CAR CLINIC | Why valve timing is an intricate process you cannot ignore

Valve timing is the most important factor determining an engine's character.

A good illustration of this is provided by the following curious historical fact. In 1947 the Standard Motor Company of Britain introduced an inline four-cylinder petrol engine of 2,088cc.

This same engine was used in the Ferguson TE20 tractor, the Standard Vanguard sedan and the Triumph TR-X sports car. The essential thing that varied from one application to the other was the valve timing. By merely changing the valve timing the engine could be made into a slogger for the tractor, an all-rounder for the sedan or a sprinter for the sports car. That is what is meant by changing an engine's “character”.

To understand how this is achieved, we have to look at the meaning of the term valve timing.
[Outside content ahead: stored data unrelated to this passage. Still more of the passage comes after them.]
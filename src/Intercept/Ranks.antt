-- ===== src/Intercept/Ranks.antt =====
-- Ranks of rules, by which `TargetPolicy::evaluate` chooses: numbers that order specificity and action.
use eggreplay.Intercept.Rules.{Best, improve, RuleAction, allow, replaces, deny}
use eggreplay.Prelude.{max, none, some, ℕ, ◌*◌, ◌+◌, ◌≡◌, refl, arith, inl, inr, ◌<◌, ◌≤◌, ◌⊎◌}

-- Rules in order of priority: the more specific first, and among equals those that deny.
abbrev pub rank : ℕ → RuleAction → ℕ
rank score allow = 2 * score + 1
rank score deny = 2 * score + 2

abbrev pub best_rank : Best → ℕ
best_rank none = 0
best_rank (some (score, action)) = rank score action

pub best_rank-improve :
    (best : Best) (score : ℕ) (action : RuleAction)
    → best_rank (improve best score action) ≡ max (best_rank best) (rank score action)
unfolding improve replaces
best_rank-improve none score allow = omega arith
best_rank-improve none score deny = omega arith
best_rank-improve (some (s, allow)) score allow = ground arith
best_rank-improve (some (s, allow)) score deny = ground arith
best_rank-improve (some (s, deny)) score allow = ground arith
best_rank-improve (some (s, deny)) score deny = ground arith

-- What has no higher rank than an allowing rule allows, or is less specific.
pub rank-below :
    (s t : ℕ) (a b : RuleAction)
    → rank s a ≡ rank t allow
    → (q : ℕ) → rank q b ≤ rank t allow
    → (b ≡ allow) ⊎ (q < s)
rank-below s t allow allow h q g = inl refl
rank-below s t allow deny h q g = inr (omega arith)
rank-below s t deny b h q g = absurd (omega arith)

pub rank-allow : (s t : ℕ) (a : RuleAction) → rank s a ≡ rank t allow → a ≡ allow
rank-allow s t allow h = refl
rank-allow s t deny h = absurd (omega arith)

-- A rank which a denial attains is not that of a rule more specific than it.
pub rank-outranked :
    (s t q : ℕ) (b : RuleAction)
    → rank q b ≡ rank t deny
    → rank s allow ≤ rank t deny
    → (b ≡ allow) ⊎ (q < s)
    → ⊥
rank-outranked s t q allow h g o = omega arith
rank-outranked s t q deny h g (inl o) = cc o
rank-outranked s t q deny h g (inr o) = omega arith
Recall that the valves are opened by the lobes on a rotating camshaft, driven from the crankshaft. The lobes either press directly on the valves to open them, or they do so through the intermediary of finger-type cam followers, or by means of pushrods and rockers. To simplify matters, we consider an engine with one inlet and one exhaust valve per cylinder. On the rotating camshaft there will be a particular lobe assigned to the inlet valve of No 1 cylinder and another lobe assigned to the exhaust valve of No  1 cylinder. This will be the case for each cylinder.  

Let us focus on one cylinder only. The purpose of valves is to enable the engine to breathe properly. During the intake stroke it must inhale enough air (on a diesel engine) or air/fuel mixture (on a petrol engine) to satisfy the power demand of the moment. This intake charge will then be compressed, and at a certain point combustion will be initiated. The heat generated will cause expansion of the charge, thus delivering the power stroke. Thereafter the spent charge has to be expelled during the exhaust stroke.  

The amateur engineer may regard this as an easy objective to achieve: Position the lobes on the camshaft so that at the beginning of the intake stroke the inlet valve is opened, and it remains open until the valve spring closes it (as the rotating lobe releases its pressure) right at the end of the intake stroke. The exhaust valve remains closed for this half rotation of the crankshaft. For the next full rotation, as the piston moves first upward on the compression stroke and then downward on the power stroke, both valves remain shut.

Finally, as the crankshaft starts the last half revolution of its two rotation cycle, the exhaust valve's lobe on the camshaft is in precisely the right position to open the exhaust valve, which is then kept open (while the inlet valve is still closed) until the piston reaches its topmost position, at which point the exhaust valve is allowed to close abruptly. The cycle then repeats itself.  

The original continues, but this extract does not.